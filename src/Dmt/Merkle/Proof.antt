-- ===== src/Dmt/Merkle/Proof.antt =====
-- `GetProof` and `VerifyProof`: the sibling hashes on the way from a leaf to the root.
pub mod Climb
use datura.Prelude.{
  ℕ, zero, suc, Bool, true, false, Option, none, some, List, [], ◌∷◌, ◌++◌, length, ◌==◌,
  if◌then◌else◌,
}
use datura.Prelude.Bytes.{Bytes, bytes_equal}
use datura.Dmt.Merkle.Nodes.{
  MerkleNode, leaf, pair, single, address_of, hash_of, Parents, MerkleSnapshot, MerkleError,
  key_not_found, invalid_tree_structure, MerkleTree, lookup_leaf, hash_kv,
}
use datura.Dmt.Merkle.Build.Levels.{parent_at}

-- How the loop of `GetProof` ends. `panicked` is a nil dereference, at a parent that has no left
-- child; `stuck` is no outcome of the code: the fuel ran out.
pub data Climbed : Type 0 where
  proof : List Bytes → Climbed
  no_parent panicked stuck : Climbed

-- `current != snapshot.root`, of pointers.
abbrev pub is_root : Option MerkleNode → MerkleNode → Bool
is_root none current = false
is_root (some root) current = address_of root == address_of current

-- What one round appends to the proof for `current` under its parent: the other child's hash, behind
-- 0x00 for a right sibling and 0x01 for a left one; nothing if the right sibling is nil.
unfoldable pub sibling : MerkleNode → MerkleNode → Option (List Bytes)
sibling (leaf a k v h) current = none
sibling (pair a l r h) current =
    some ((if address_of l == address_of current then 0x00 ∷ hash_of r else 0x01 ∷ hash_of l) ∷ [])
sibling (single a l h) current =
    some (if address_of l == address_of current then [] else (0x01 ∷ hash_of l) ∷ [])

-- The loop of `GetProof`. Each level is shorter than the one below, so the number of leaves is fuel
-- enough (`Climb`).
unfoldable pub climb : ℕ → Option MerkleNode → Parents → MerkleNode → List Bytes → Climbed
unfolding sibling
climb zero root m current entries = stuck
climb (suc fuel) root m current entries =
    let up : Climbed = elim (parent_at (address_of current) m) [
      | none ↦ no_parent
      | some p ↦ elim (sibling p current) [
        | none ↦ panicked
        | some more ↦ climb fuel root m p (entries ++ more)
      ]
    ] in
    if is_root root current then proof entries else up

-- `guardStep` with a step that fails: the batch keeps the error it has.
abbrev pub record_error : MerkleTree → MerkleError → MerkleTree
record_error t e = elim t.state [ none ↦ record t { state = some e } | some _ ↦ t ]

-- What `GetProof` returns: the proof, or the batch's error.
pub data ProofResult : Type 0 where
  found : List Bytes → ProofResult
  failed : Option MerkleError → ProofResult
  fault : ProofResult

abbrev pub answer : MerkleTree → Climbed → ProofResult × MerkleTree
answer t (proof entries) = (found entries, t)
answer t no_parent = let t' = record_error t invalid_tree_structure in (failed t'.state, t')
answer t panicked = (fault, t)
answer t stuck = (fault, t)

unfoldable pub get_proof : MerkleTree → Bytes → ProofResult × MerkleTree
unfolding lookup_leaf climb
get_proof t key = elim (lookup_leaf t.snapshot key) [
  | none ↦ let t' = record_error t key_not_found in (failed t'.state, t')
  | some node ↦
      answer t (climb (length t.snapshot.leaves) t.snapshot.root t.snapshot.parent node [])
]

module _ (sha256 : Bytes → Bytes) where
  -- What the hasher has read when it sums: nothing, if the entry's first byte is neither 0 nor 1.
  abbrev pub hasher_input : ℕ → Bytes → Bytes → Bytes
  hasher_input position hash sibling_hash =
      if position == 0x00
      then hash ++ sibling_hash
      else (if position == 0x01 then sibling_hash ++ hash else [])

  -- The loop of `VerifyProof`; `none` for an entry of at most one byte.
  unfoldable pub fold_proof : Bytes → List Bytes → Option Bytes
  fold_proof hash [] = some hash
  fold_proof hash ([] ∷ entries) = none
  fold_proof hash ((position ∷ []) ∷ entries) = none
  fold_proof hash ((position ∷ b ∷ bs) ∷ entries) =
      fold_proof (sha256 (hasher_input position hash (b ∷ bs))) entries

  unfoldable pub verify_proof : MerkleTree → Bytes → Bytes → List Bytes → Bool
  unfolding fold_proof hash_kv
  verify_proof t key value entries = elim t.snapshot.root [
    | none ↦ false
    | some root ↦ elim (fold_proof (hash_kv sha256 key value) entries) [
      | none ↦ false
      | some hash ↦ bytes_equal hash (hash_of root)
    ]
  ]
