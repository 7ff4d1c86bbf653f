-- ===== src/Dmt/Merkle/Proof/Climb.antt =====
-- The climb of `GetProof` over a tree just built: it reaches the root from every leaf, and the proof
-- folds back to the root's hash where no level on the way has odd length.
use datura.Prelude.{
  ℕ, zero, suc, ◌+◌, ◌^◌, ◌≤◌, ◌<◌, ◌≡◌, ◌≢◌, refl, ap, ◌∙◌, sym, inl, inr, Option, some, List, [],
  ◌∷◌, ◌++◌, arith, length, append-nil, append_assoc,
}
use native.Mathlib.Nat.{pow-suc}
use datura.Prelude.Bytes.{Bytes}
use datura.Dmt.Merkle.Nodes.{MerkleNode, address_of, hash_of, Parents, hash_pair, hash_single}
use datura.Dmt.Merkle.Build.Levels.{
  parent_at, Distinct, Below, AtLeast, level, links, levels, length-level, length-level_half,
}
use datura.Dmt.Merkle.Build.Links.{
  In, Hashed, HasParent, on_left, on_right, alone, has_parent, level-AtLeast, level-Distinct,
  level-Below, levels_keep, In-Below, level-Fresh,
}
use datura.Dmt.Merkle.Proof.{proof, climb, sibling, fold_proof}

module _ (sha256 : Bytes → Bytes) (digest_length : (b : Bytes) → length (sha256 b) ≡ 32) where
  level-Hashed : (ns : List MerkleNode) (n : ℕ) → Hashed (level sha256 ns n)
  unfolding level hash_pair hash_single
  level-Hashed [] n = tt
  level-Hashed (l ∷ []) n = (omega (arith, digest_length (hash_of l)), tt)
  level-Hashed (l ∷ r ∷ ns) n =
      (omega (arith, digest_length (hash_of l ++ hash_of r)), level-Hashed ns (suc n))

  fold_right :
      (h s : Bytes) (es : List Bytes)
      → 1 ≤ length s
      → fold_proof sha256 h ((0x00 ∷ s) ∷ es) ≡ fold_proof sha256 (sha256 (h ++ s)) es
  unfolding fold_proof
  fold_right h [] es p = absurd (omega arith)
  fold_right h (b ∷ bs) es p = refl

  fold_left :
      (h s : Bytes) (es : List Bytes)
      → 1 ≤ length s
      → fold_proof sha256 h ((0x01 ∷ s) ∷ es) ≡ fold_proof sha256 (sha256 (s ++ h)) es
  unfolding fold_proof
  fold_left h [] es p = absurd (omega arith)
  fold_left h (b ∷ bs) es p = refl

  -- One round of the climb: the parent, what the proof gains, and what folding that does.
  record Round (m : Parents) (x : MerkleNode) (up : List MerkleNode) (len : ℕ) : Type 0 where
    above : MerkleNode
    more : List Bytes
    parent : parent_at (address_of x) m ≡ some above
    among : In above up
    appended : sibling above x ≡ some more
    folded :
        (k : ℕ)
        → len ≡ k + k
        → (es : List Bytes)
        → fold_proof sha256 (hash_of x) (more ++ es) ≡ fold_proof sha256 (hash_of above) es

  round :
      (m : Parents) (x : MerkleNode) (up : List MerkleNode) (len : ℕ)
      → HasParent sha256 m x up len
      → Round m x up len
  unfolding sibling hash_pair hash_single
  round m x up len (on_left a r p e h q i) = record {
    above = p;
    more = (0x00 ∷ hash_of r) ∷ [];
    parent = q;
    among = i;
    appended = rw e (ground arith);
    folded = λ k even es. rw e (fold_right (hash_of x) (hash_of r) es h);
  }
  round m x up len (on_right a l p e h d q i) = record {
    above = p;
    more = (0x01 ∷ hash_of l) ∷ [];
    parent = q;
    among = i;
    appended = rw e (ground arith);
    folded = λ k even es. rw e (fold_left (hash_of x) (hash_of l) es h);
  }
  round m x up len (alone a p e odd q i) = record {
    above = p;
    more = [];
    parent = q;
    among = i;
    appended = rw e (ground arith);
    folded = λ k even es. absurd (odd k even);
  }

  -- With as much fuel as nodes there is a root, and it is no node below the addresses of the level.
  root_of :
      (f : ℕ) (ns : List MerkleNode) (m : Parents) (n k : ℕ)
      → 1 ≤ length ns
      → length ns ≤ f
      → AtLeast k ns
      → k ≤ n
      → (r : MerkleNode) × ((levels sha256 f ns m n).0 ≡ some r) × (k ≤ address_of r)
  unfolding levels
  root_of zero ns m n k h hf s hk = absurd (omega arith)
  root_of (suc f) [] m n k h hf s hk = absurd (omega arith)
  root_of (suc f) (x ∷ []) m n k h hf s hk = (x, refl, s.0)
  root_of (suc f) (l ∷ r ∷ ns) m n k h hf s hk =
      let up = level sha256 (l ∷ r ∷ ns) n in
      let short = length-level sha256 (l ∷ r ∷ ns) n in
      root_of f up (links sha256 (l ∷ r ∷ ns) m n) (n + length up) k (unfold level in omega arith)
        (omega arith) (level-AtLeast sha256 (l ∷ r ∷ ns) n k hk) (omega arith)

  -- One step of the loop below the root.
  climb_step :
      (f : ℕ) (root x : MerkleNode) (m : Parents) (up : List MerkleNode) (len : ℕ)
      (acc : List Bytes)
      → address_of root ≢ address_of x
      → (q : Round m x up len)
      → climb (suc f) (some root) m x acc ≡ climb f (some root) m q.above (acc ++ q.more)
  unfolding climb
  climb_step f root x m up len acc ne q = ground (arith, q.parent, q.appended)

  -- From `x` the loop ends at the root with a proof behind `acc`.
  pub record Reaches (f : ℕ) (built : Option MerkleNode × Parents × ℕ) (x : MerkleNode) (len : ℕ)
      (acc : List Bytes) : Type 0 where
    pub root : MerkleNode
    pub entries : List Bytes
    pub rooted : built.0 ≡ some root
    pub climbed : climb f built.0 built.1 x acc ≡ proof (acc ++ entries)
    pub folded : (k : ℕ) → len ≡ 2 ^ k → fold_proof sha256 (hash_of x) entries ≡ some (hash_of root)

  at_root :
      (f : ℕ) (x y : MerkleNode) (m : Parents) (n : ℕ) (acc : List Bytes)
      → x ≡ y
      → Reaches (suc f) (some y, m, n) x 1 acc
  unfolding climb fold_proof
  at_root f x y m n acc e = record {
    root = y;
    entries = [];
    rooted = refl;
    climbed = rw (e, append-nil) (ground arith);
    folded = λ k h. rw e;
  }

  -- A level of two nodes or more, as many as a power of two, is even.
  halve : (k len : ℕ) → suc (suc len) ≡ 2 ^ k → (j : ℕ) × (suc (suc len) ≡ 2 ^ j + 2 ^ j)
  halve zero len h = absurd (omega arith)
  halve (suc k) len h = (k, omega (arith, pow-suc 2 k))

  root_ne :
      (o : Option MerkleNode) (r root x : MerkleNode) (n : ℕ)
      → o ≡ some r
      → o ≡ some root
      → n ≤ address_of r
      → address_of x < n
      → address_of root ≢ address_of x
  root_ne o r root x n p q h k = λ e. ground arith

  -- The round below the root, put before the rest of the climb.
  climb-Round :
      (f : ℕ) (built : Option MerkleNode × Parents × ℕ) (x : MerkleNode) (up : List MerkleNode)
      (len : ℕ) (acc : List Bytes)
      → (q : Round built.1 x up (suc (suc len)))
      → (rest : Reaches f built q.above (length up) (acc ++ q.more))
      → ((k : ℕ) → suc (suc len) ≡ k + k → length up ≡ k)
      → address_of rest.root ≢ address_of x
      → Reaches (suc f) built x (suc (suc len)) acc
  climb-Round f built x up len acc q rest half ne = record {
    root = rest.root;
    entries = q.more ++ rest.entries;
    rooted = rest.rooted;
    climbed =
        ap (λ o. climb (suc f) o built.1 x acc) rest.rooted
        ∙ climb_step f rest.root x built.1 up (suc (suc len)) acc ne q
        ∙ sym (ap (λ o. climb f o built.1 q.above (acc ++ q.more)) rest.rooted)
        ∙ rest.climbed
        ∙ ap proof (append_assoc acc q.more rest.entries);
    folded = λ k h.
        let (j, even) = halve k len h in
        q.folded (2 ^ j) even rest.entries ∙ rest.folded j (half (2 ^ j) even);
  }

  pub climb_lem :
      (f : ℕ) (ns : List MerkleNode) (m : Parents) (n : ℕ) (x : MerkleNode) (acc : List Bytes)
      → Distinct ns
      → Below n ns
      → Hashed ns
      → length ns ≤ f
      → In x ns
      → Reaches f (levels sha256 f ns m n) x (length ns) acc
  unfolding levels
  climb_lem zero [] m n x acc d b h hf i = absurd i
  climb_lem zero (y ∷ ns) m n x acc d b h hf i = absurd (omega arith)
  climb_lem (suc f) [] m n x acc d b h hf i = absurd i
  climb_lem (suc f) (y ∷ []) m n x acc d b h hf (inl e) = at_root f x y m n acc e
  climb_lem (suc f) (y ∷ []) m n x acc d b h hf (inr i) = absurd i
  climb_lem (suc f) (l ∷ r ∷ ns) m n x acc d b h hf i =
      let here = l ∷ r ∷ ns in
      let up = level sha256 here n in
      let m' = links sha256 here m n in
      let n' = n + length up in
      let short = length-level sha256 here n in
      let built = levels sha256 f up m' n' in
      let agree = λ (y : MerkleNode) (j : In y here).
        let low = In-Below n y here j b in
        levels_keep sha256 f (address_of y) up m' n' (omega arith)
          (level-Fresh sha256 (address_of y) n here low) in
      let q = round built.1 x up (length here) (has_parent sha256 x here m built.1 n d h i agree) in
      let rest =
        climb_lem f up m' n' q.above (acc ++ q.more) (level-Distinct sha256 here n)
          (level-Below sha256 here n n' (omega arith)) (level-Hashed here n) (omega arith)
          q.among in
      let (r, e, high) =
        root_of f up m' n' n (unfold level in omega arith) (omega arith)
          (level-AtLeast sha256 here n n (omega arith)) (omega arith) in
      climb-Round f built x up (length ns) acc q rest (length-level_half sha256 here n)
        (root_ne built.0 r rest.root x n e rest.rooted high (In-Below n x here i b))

^^^^^^^^

== Work to be completed ==
Since only part of the listing is wanted, copy exactly the lines from the one holding "(f : ℕ) (x y : MerkleNode)" to the one holding "entries = q.more ++ rest.entries;", both included.

== Exercise solution ==
      (f : ℕ) (x y : MerkleNode) (m : Parents) (n : ℕ) (acc : List Bytes)
      → x ≡ y
      → Reaches (suc f) (some y, m, n) x 1 acc
  unfolding climb fold_proof
  at_root f x y m n acc e = record {
    root = y;
    entries = [];
    rooted = refl;
    climbed = rw (e, append-nil) (ground arith);
    folded = λ k h. rw e;
  }

  -- A level of two nodes or more, as many as a power of two, is even.
  halve : (k len : ℕ) → suc (suc len) ≡ 2 ^ k → (j : ℕ) × (suc (suc len) ≡ 2 ^ j + 2 ^ j)
  halve zero len h = absurd (omega arith)
  halve (suc k) len h = (k, omega (arith, pow-suc 2 k))

  root_ne :
      (o : Option MerkleNode) (r root x : MerkleNode) (n : ℕ)
      → o ≡ some r
      → o ≡ some root
      → n ≤ address_of r
      → address_of x < n
      → address_of root ≢ address_of x
  root_ne o r root x n p q h k = λ e. ground arith

  -- The round below the root, put before the rest of the climb.
  climb-Round :
      (f : ℕ) (built : Option MerkleNode × Parents × ℕ) (x : MerkleNode) (up : List MerkleNode)
      (len : ℕ) (acc : List Bytes)
      → (q : Round built.1 x up (suc (suc len)))
      → (rest : Reaches f built q.above (length up) (acc ++ q.more))
      → ((k : ℕ) → suc (suc len) ≡ k + k → length up ≡ k)
      → address_of rest.root ≢ address_of x
      → Reaches (suc f) built x (suc (suc len)) acc
  climb-Round f built x up len acc q rest half ne = record {
    root = rest.root;
    entries = q.more ++ rest.entries;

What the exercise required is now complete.